Task brief: In the data below, find the line that contains "let apart : prev" and the line that contains "inl lower ↦". Copy both, plus every line between them, exactly.

Provided entries:
=== Begin Enclosure ===

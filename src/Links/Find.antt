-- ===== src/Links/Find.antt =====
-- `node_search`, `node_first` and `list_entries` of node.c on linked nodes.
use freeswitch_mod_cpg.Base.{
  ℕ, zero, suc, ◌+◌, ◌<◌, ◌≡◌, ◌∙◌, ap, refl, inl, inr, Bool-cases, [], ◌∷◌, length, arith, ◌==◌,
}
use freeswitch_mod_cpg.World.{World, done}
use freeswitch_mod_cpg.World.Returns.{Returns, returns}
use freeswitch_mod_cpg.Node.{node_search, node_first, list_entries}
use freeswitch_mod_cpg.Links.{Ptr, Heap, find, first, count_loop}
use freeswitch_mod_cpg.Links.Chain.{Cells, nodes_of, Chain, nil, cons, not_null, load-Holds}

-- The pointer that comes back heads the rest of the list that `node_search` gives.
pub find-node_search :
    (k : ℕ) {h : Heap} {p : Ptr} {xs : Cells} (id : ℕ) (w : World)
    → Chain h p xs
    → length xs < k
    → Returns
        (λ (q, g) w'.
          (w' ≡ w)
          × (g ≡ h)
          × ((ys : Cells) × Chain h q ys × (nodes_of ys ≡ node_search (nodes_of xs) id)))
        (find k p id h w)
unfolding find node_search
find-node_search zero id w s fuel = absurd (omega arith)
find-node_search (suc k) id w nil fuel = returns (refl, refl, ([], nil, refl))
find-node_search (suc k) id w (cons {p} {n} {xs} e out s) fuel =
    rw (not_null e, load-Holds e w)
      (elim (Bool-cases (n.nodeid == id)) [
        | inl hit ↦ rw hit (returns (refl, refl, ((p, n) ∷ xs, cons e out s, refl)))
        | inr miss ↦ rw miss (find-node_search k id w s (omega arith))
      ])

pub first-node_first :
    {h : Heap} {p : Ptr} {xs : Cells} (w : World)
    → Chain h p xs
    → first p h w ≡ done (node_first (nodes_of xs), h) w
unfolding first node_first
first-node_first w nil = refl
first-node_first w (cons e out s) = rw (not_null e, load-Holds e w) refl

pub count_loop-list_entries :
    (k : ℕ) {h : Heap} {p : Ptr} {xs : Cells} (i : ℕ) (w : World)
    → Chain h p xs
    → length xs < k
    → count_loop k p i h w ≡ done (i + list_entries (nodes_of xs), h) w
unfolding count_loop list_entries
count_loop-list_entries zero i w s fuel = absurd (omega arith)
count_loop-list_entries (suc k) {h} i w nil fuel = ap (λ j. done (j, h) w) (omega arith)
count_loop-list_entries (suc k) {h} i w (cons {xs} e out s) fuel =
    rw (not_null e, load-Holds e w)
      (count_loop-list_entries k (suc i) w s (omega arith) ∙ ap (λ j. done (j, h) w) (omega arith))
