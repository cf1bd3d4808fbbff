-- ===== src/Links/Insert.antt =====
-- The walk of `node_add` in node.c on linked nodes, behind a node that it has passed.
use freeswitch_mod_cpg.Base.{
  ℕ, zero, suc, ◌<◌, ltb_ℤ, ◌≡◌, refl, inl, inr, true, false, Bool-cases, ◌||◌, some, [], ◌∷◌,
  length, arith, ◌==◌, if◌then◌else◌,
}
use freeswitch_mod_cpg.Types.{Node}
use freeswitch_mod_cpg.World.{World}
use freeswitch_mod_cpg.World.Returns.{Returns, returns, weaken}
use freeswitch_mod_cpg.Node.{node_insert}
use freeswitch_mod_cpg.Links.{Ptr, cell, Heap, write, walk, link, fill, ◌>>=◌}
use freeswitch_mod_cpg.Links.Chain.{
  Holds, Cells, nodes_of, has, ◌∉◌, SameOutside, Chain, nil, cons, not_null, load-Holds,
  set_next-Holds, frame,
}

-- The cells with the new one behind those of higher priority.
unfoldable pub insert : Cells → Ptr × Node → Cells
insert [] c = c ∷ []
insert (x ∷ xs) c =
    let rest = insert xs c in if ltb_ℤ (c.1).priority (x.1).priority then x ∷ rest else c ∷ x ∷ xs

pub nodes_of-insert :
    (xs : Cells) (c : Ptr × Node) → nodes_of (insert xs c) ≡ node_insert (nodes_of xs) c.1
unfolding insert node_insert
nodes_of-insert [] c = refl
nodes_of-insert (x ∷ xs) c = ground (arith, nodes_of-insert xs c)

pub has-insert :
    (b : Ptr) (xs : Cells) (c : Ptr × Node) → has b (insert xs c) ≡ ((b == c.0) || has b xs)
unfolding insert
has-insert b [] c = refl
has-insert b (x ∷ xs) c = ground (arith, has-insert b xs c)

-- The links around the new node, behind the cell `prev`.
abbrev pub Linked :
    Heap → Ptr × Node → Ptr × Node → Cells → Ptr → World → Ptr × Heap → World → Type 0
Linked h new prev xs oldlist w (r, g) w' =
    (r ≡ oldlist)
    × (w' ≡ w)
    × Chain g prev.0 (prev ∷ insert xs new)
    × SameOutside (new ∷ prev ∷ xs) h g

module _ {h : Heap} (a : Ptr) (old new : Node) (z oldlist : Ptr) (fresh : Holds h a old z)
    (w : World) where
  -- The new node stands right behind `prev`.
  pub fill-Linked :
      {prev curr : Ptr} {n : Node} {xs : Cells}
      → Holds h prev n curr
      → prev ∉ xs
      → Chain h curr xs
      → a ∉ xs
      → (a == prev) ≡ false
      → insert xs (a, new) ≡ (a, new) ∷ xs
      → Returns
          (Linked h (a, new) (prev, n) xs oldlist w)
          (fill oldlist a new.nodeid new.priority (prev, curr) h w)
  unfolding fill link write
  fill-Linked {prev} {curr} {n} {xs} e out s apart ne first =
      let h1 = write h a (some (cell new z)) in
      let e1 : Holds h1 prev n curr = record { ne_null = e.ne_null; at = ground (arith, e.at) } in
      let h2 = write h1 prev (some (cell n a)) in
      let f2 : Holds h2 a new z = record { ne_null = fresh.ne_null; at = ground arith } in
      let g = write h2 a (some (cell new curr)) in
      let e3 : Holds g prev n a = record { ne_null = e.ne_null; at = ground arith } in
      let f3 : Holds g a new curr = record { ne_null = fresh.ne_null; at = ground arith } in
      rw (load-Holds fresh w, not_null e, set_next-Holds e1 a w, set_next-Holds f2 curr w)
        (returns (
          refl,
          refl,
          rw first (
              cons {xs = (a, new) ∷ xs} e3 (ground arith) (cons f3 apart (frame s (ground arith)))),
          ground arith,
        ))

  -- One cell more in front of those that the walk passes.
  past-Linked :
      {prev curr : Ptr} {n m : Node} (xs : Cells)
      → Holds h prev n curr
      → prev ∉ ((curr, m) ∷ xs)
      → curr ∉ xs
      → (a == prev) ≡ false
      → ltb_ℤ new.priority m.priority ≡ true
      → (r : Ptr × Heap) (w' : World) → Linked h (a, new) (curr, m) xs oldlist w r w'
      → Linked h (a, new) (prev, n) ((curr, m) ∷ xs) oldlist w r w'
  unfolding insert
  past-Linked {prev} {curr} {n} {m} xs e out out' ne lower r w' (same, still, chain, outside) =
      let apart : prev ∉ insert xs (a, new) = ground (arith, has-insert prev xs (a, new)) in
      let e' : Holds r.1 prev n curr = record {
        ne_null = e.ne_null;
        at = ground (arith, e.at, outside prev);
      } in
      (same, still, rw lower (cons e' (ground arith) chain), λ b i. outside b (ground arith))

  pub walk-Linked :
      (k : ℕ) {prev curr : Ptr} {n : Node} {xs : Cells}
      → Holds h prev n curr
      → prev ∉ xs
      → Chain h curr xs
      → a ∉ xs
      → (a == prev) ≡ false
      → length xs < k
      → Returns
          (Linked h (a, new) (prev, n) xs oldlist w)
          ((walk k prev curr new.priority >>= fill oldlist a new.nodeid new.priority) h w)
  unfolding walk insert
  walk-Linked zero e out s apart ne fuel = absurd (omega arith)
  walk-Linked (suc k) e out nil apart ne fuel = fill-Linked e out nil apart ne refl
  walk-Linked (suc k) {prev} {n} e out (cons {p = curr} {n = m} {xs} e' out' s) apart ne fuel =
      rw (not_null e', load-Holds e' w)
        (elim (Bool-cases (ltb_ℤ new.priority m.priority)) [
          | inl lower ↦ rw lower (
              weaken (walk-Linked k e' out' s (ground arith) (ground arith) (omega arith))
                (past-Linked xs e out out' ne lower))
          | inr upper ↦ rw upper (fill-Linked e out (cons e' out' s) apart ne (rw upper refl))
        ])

=== End Enclosure ===

Task answer:
      let apart : prev ∉ insert xs (a, new) = ground (arith, has-insert prev xs (a, new)) in
      let e' : Holds r.1 prev n curr = record {
        ne_null = e.ne_null;
        at = ground (arith, e.at, outside prev);
      } in
      (same, still, rw lower (cons e' (ground arith) chain), λ b i. outside b (ground arith))

  pub walk-Linked :
      (k : ℕ) {prev curr : Ptr} {n : Node} {xs : Cells}
      → Holds h prev n curr
      → prev ∉ xs
      → Chain h curr xs
      → a ∉ xs
      → (a == prev) ≡ false
      → length xs < k
      → Returns
          (Linked h (a, new) (prev, n) xs oldlist w)
          ((walk k prev curr new.priority >>= fill oldlist a new.nodeid new.priority) h w)
  unfolding walk insert
  walk-Linked zero e out s apart ne fuel = absurd (omega arith)
  walk-Linked (suc k) e out nil apart ne fuel = fill-Linked e out nil apart ne refl
  walk-Linked (suc k) {prev} {n} e out (cons {p = curr} {n = m} {xs} e' out' s) apart ne fuel =
      rw (not_null e', load-Holds e' w)
        (elim (Bool-cases (ltb_ℤ new.priority m.priority)) [
          | inl lower ↦ rw lower (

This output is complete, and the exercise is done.